A: It still influences what I do today. Both Physics Professor Chip Durfee and I here at Mines work on advancing the source development – there are still ways to make the lasers better, more compact, more efficient, higher average power. We’re both actively engaged in that. Chip really derives a lot of the basic science applications with these new sources and I drive the technology end. It’s super synergistic.
We’ve got this great new advanced manufacturing initiative here on campus, so I’m involved with Aaron Stebner, in Mechanical Engineering, now in using our techniques both as a metrology in advanced manufacturing and a way to process parts in advanced manufacturing. For me, it’s really fun. We keep pushing the technology but also having this almost immediate impact on what we can do in industry. We’re also working with Geology, with Alexis Navarre-Sitchler. We’ve worked with Mike Kaufman in Metallurgical and Materials Engineering, David Marr in Chemical and Biological Engineering, folks in Chemistry.
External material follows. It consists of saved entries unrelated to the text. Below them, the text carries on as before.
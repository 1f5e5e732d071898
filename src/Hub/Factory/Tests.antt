-- ===== src/Hub/Factory/Tests.antt =====
-- The plugins of two connections.
use steampipe_postgres_fdw.Prelude.{
  ◌==◌, nat_eq, string_eq, ok, panic, Result, value, fail, ℕ, String, ◌≡◌, refl, inl, Bool, true,
  some, List, [], ◌∷◌,
}
use steampipe_postgres_fdw.Prelude.GoMap.{GoMap, lookup, insert}
use steampipe_postgres_fdw.Proto.{Schema, static}
use steampipe_postgres_fdw.Hub.Factory.Defs.{
  if_running, append, connection_plugin_key, ConnectionPlugin, Factory, Steampipe, add_connections,
  add, get, connection_config, add_created, from_created, from_config, create_connection_plugin,
  get_or_create,
}
use steampipe_postgres_fdw.Hub.Factory.Schemas.{
  get_connection_schema, created_schema, refetch_failed,
}
use steampipe_postgres_fdw.Hub.Factory.Reuse.{exited_not_replaced, run_creates, created_is_reused}

abbrev schema : Schema
schema = record { mode = static; tables = [] }

abbrev plugin : ℕ → ConnectionPlugin
plugin n = record {
  client = n;
  plugin_name = "aws@latest";
  connection_map = ("aws1", schema) ∷ ("aws2", schema) ∷ [];
}

abbrev all_configured : String → Bool
all_configured c = true

abbrev second_client : String → Result String (GoMap String ConnectionPlugin)
second_client c = value ((c, plugin 2) ∷ [])

abbrev first_exited : ℕ → Bool
first_exited n = n == 1

abbrev steampipe : Steampipe
steampipe = record {
  configured = all_configured;
  reload = value all_configured;
  create_plugins = second_client;
  exited = first_exited;
}

abbrev with_first : Factory
with_first = ("aws@latest\\\\aws1", plugin 1) ∷ []

key_of_first : connection_plugin_key "aws@latest" "aws1" ≡ "aws@latest\\\\aws1"
unfolding connection_plugin_key append
key_of_first = refl

abbrev two_calls : List (Steampipe × String × String)
two_calls = (steampipe, "aws@latest", "aws1") ∷ (steampipe, "aws@latest", "aws2") ∷ []

exited_not_replaced_example :
    (lookup (connection_plugin_key "aws@latest" "aws1") (run_creates two_calls with_first)
      ≡ some (plugin 1))
    × (get_or_create steampipe "aws@latest" "aws1" (run_creates two_calls with_first)
        ≡ create_connection_plugin steampipe "aws@latest" "aws1" (run_creates two_calls with_first))
unfolding lookup connection_plugin_key append
exited_not_replaced_example =
    exited_not_replaced steampipe two_calls "aws@latest" "aws1" with_first (plugin 1) refl refl

abbrev with_second : Factory
with_second = ("aws@latest\\\\aws1", plugin 2) ∷ ("aws@latest\\\\aws2", plugin 2) ∷ []

created_second :
    create_connection_plugin steampipe "aws@latest" "aws1" [] ≡ (value (plugin 2), with_second)
unfolding create_connection_plugin connection_config from_config from_created add_created add
    add_connections lookup insert connection_plugin_key append
created_second = refl

created_is_reused_example :
    get_or_create steampipe "aws@latest" "aws1" with_second ≡ (value (plugin 2), with_second)
unfolding lookup
created_is_reused_example =
    created_is_reused steampipe steampipe "aws1" [] with_second (plugin 2) created_second (inl refl)
      refl refl

abbrev refetch : ConnectionPlugin → String → Result String Schema
refetch p name = fail "not running"

first_schema :
    get_connection_schema steampipe refetch "aws@latest" "aws1" []
    ≡ (ok (value schema), with_second)
unfolding get_connection_schema create_connection_plugin connection_config from_config from_created
    add_created add add_connections lookup insert connection_plugin_key append created_schema
first_schema = refl

later_schema :
    get_connection_schema steampipe refetch "aws@latest" "aws1" with_second
    ≡ (ok (fail (refetch_failed "not running")), with_second)
unfolding get_connection_schema lookup connection_plugin_key append get if_running
later_schema = refl

-- A plugin that was created for a connection and does not list it.
not_listed : created_schema "aws3" (value (plugin 2)) ≡ panic
unfolding created_schema lookup
not_listed = refl
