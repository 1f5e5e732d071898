-- ===== src/Hub/Iterator.antt =====
-- hub/scan_iterator_base.go, hub/in_memory_iterator.go, hub/query_status.go: the iterators that a
-- scan reads its rows from.
pub mod Defs
mod Reader
pub mod Calls
mod Channel
mod Progress
pub mod InMemory
mod Order
mod Delivery
mod Tests
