-- ===== src/Hub/Iterator/Calls.antt =====
-- hub/scan_iterator_base.go: what a call of `Next` or of `Close` comes to.
use steampipe_postgres_fdw.Prelude.{
  if◌then◌else◌, Bool-cases, length, nat_eq, string_eq, ok, panic, ok_injective, Result, value,
  fail, ◌≤◌, String, ◌≡◌, refl, ap, subst, ◌≢◌, ◌⊎◌, inl, inr, Bool, true, false, Option, none,
  some, List, [], ◌∷◌, arith,
}
use steampipe_postgres_fdw.Hub.Iterator.Defs.{
  Iterator, QueryStatus, ready, started, error, complete, Row, ResultRow, ScanError, column_error,
  cannot_iterate, Value, row_read, no_more_rows, failed, Call, waits, returns, panics, next, finish,
  deliver, return_populated, receive_row, close, is_error, can_iterate, populate_row,
}

is_error-status : (q : QueryStatus) → is_error q ≡ true → q ≡ error
unfolding is_error
is_error-status error h = refl
is_error-status ready h = cc
is_error-status started h = cc
is_error-status complete h = cc

can_iterate-status : (q : QueryStatus) → can_iterate q ≡ true → q ≡ started
unfolding can_iterate
can_iterate-status started h = refl
can_iterate-status ready h = cc
can_iterate-status error h = cc
can_iterate-status complete h = cc

not-started : (q : QueryStatus) → can_iterate q ≡ false → q ≢ started
unfolding can_iterate
not-started q h p = cc (ap can_iterate p)

after_close : (q : QueryStatus) → (if is_error q then error else complete) ≢ started
after_close q = elim (Bool-cases (is_error q)) [ inl y ↦ rw y (λ p. cc) | inr n ↦ rw n (λ p. cc) ]

after_close_error :
    (q : QueryStatus) → is_error (if is_error q then error else complete) ≡ true → is_error q ≡ true
unfolding is_error
after_close_error error h = refl
after_close_error ready h = cc
after_close_error started h = cc
after_close_error complete h = cc

-- The iterator after a call, against the one before.
pub record Frame (it after : Iterator) : Type 0 where
  pub closed : after.closed ≡ it.closed
  pub cancel : after.cancel ≡ it.cancel
  pub shorter : length after.rows ≤ length it.rows
  pub failure :
      after.status ≡ error
      → ((it.status ≡ error) × (after.err ≡ it.err)) ⊎ ((e : ScanError) × (after.err ≡ some e))

-- The thread has closed the channel and all rows are read, or a nil row is next.
abbrev pub IsDrained : Iterator → Type 0
IsDrained it =
    ((it.rows ≡ []) × (it.closed ≡ true)) ⊎ ((rows : List (Option Row)) × (it.rows ≡ none ∷ rows))

module _ (unmarshal : String → Result String Value) (timestamp_string : String → String) where
  -- What a call of Next comes to.
  pub data CallCase (it : Iterator) : Call → Type 0 where
    waiting : it.status ≡ started → it.rows ≡ [] → it.closed ≡ false → CallCase it waits
    panicking : it.cancel ≡ false → CallCase it panics
    took :
        (row : Row) (rows : List (Option Row)) (res : ResultRow)
        → it.status ≡ started
        → it.rows ≡ some row ∷ rows
        → populate_row unmarshal timestamp_string row ≡ value res
        → CallCase it (returns (row_read res) (record it { rows = rows }))
    ended :
        (after : Iterator)
        → it.status ≡ started
        → IsDrained it
        → after.status ≢ started
        → Frame it after
        → CallCase it (returns no_more_rows after)
    broke :
        (e : Option ScanError) (after : Iterator)
        → after.status ≢ started
        → Frame it after
        → ((it.status ≡ error) × (e ≡ it.err)) ⊎ ((f : ScanError) × (e ≡ some f))
        → CallCase it (returns (failed e) after)

  if-CallCase :
      {it : Iterator} (b : Bool) (x y : Call)
      → (b ≡ true → CallCase it x)
      → (b ≡ false → CallCase it y)
      → CallCase it (if b then x else y)
  if-CallCase true x y f g = f refl
  if-CallCase false x y f g = g refl

  -- `rows` are the rows of the iterator, less the nil row that was read.
  finish-CallCase :
      (it : Iterator) (rows : List (Option Row))
      → it.status ≡ started
      → IsDrained it
      → length rows ≤ length it.rows
      → CallCase it (finish unmarshal timestamp_string (record it { rows = rows }))
  unfolding finish close is_error
  finish-CallCase it rows st d short = elim (Bool-cases it.cancel) [
    | inr n ↦ rw (n, finish) (panicking refl)
    | inl c ↦
        rw (c, finish)
          (if-CallCase (is_error (if is_error it.status then error else complete)) _ _
            (λ y. absurd (cc (is_error-status _ (after_close_error it.status y), st)))
            (λ n. ended _ st d (after_close it.status) (record {
              closed = refl;
              cancel = refl;
              shorter = short;
              failure = λ q.
                  absurd (cc (is_error-status _ (after_close_error it.status (ap is_error q)), st));
            })))
  ]

  return_populated-CallCase :
      (it : Iterator) (row : Row) (rows : List (Option Row))
      (r : Result (String × String) ResultRow)
      → it.status ≡ started
      → it.rows ≡ some row ∷ rows
      → populate_row unmarshal timestamp_string row ≡ r
      → CallCase it (return_populated unmarshal timestamp_string r (record it { rows = rows }))
  unfolding return_populated
  return_populated-CallCase it row rows (value res) st e p = took row rows res st e p
  return_populated-CallCase it row rows (fail f) st e p =
      broke _ _ (λ q. cc)
        (record {
          closed = refl;
          cancel = refl;
          shorter = rw e (omega arith);
          failure = λ q. inr (column_error f.0 f.1, refl);
        })
        (inr (column_error f.0 f.1, refl))

  receive_row-CallCase :
      (it : Iterator) (rows : List (Option Row))
      → it.status ≡ started
      → it.rows ≡ rows
      → CallCase it (receive_row unmarshal timestamp_string rows it)
  unfolding receive_row deliver
  receive_row-CallCase it [] st e =
      if-CallCase it.closed _ _ (λ y. finish-CallCase it it.rows st (inl (e, y)) (omega arith))
        (λ n. waiting st e n)
  receive_row-CallCase it (none ∷ rows) st e =
      finish-CallCase it rows st (inr (rows, e)) (rw e (omega arith))
  receive_row-CallCase it (some row ∷ rows) st e = return_populated-CallCase it row rows _ st e refl

  Frame-refl : (it : Iterator) → Frame it it
  Frame-refl it = record {
    closed = refl;
    cancel = refl;
    shorter = omega arith;
    failure = λ q. inl (q, refl);
  }

  pub next-CallCase : (it : Iterator) → CallCase it (next unmarshal timestamp_string it)
  unfolding next is_error
  next-CallCase it =
      if-CallCase (is_error it.status) _ _
        (λ y.
          broke it.err it (λ p. cc (is_error-status it.status y, p)) (Frame-refl it)
            (inl (is_error-status it.status y, refl)))
        (λ n.
          if-CallCase (can_iterate it.status) _ _
            (λ y. receive_row-CallCase it it.rows (can_iterate-status it.status y) refl)
            (λ m.
              broke (some (cannot_iterate it.status)) it (not-started it.status m) (Frame-refl it)
                (inr (cannot_iterate it.status, refl))))

if-ok : (b : Bool) (it after : Iterator) → (if b then ok it else panic) ≡ ok after → it ≡ after
if-ok true it after e = ok_injective e
if-ok false it after e = cc

pub close-keeps :
    (it after : Iterator)
    → close it ≡ ok after
    → ((after.closed ≡ it.closed) × (after.rows ≡ it.rows))
      × ((after.cancel ≡ it.cancel) × (after.err ≡ it.err))
      × (after.status ≡ error → it.status ≡ error)
unfolding close is_error
close-keeps it after e =
    subst
      (λ a.
        ((a.closed ≡ it.closed) × (a.rows ≡ it.rows))
        × ((a.cancel ≡ it.cancel) × (a.err ≡ it.err))
        × (a.status ≡ error → it.status ≡ error))
      (if-ok it.cancel _ after e)
      ((refl, refl), (refl, refl), (λ q. is_error-status _ (after_close_error _ (ap is_error q))))

pub close-stops :
    (it after : Iterator)
    → close it ≡ ok after
    → (after.cancelled ≡ true) × (after.status ≢ started)
unfolding close
close-stops it after e =
    subst (λ a. (a.cancelled ≡ true) × (a.status ≢ started)) (if-ok it.cancel _ after e)
      (refl, after_close it.status)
It’s getting broader and broader, all the things we can do.
Designing and building femtosecond lasers from scratch is becoming a lost art. There are so many companies now – it’s become a nice economic business for companies to produce them and universities now buy them versus having faculty build them from scratch. But our students here at Mines still have to develop them from scratch. They get that unique experience and now they’ve got multiple pathways in their career – they can go work for these companies who are finding it harder and harder to find students who have actually built these systems or they can go into academia or industry and apply them.
Editor’s note: This interview has been condensed and edited for clarity.